10/10/2005 9:24:59 PM
I too was under the impression that it was settled history about what started the great depression. I have never heard another explanation come from either an economist or historian. There is no doubt that standard economics produces recessions. And the excesses of the late 20s were no exception. There was going to be a recession in the early 30s and it was going to be a big one. But all the history I have read, except for the ones that blame Jewish banks that is, express a common theme. A normal recession coupled with perverse governmental action created a global economic meltdown. World Trade was devastated by dramatically higher tarriffs, attempts to save the gold standard made money scarce, etc. etc.Don't believe me? Listen to one of the Governors of the Federal Reserve:http://www.federalreserve.gov/boarddocs/speeches/2004/200403022/default.htm[Edited on October 10, 2005 at 11:37 PM. Reason : .]
10/10/2005 11:31:00 PM
10/10/2005 11:41:28 PM
10/11/2005 12:32:20 AM
10/11/2005 12:49:22 AM
10/11/2005 12:52:52 AM
^^^Wha? Since when has it been "recession half the time"? The previous recession was in 1991 and lasted a whole six months. Unemployment skyrocketed up to the unimaginable single digits, clearly sacrificing all our rights as human beings is a reasonable price to avoid such a calamity. The last recession started in 2001, a decade after the previous instance, and drove unemployment all the way up to 6.5%, again a calamity unheard of in human events.

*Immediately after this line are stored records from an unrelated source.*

-- ===== src/Rbac/Authz/Guards.antt =====
-- What the permission engine of src/rbac/index.ts grants, and whom an actor may administer.
use dreamsso.Common.{
  ℕ, String, true, false, none, some, ◌≡◌, ◌↔◌, inl, inr, ap, nat_eq, nat_beq_iff, Bool-cases, map,
  Option-cases, List, [], ◌∷◌, ◌==◌, arith, contains, string_eq,
}
use text.Mathlib.TextEquality.{eq_iff}
use dreamsso.Rbac.Catalog.{PermDef, permissions, perm_keys}
use dreamsso.Store.{Store, grant}
use dreamsso.Rbac.Level.{lt_level_asymm_test, lt_level_trans_test}
use dreamsso.Rbac.Authz.{
  effect_of, collect_granted, resolve_authz, has_perm, get_role_level, can_administer,
}

-- The rule for one key, in words of the tables.
pub data Grants (db : Store) (sub : ℕ) (key : String) : Type 0 where
  by_user : db.user_permission_overrides sub key ≡ some grant → Grants db sub key
  by_role :
      (slug : String)
      → db.user_permission_overrides sub key ≡ none
      → db.user_org_roles sub ≡ some slug
      → db.role_permissions slug key ≡ some grant
      → Grants db sub key

effect_of-Grants :
    (db : Store) (sub : ℕ) (key : String) → effect_of db sub key ≡ grant → Grants db sub key
unfolding effect_of
effect_of-Grants db sub key h = elim (Option-cases (db.user_permission_overrides sub key)) [
  | inr (x, e) ↦ by_user (ground arith)
  | inl e ↦ elim (Option-cases (db.user_org_roles sub)) [
    | inr (slug, r) ↦ by_role slug e r (ground arith)
    | inl r ↦ absurd (ground arith)
  ]
]

Grants-effect_of :
    (db : Store) (sub : ℕ) (key : String) → Grants db sub key → effect_of db sub key ≡ grant
unfolding effect_of
Grants-effect_of db sub key (by_user o) = ground arith
Grants-effect_of db sub key (by_role slug o r p) = ground arith

contains-collect_granted :
    (db : Store) (sub : ℕ) (defs : List PermDef) (key : String)
    → (contains (collect_granted db sub defs) key ≡ true)
      ↔ ((contains (map (λ d. d.key) defs) key ≡ true) × (effect_of db sub key ≡ grant))
unfolding collect_granted
contains-collect_granted db sub [] key = ground arith
contains-collect_granted db sub (d ∷ defs) key =
    ground (arith, contains-collect_granted db sub defs key, eq_iff d.key key)

-- A subject holds a key exactly if the catalog has it and the tables grant it.
pub has_perm_iff :
    (db : Store) (sub : ℕ) (key : String)
    → (has_perm db sub key ≡ true) ↔ ((contains perm_keys key ≡ true) × Grants db sub key)
unfolding has_perm perm_keys resolve_authz
has_perm_iff db sub key =
    let law = contains-collect_granted db sub permissions key in
    (
      λ h. ((law.0 h).0, effect_of-Grants db sub key (law.0 h).1),
      λ h. law.1 (h.0, Grants-effect_of db sub key h.1),
    )

-- Where a administers b, who administers c: nobody administers themselves or the one who administers
-- them, and a administers c.
can_administer_order :
    (db : Store) (a b c : ℕ)
    → can_administer db a b ≡ true
    → can_administer db b c ≡ true
    → (can_administer db a a ≡ false)
      × (can_administer db b a ≡ false)
      × (can_administer db a c ≡ true)
unfolding can_administer
can_administer_order db a b c h k =
    let x = get_role_level db a in
    let y = get_role_level db b in
    let z = get_role_level db c in
    (
      ground arith,
      ground (arith, lt_level_asymm_test x y),
      elim (Bool-cases (a == c)) [
        | inl e ↦
            let same : x ≡ z = ap (get_role_level db) ((nat_beq_iff a c).0 e) in
            ground (arith, lt_level_asymm_test x y)
        | inr e ↦ ground (arith, lt_level_trans_test x y z)
      ],
    )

Come on Kris, don't over-sell your position. If you find economic liberty morally offensive that is one thing, but don't argue it hasn't served us. You may believe communism would do better, but you must also admit capitalism has done at least an OK job at allocating resources.[Edited on October 11, 2005 at 12:59 AM. Reason : Krisanthomins]
10/11/2005 12:54:53 AM
1) Lump of Labor Fallacy. There isn't just a certain number of jobs to go around. The fact that robots did all of the production jobs would free up labor resources that could be directed into other fields of industry. Would those jobs be well paying? Hard to say what would be a descenet wage since the advance in technology would lower the real price of production goods, which would increase the real wage of all other jobs. Personally, I prefer to just remember that we've been able to muddle through several hundred years of continual technological advancement and no one is any poorer for it. That neglects transitional concerns that are irrelevant to your question.2) Besides, If we were able to build robots to essentially do all of our work for us, then we wouldn't need jobs. We'd let the robots do the work for us while we watched TV. The economic problem of scarcity that systems like socialism and capitalism are designed to mitigate would be solved.
10/11/2005 2:00:13 AM
10/11/2005 2:21:48 AM
Wow, just ignore everything everyone has said and restate your possition. Great technique.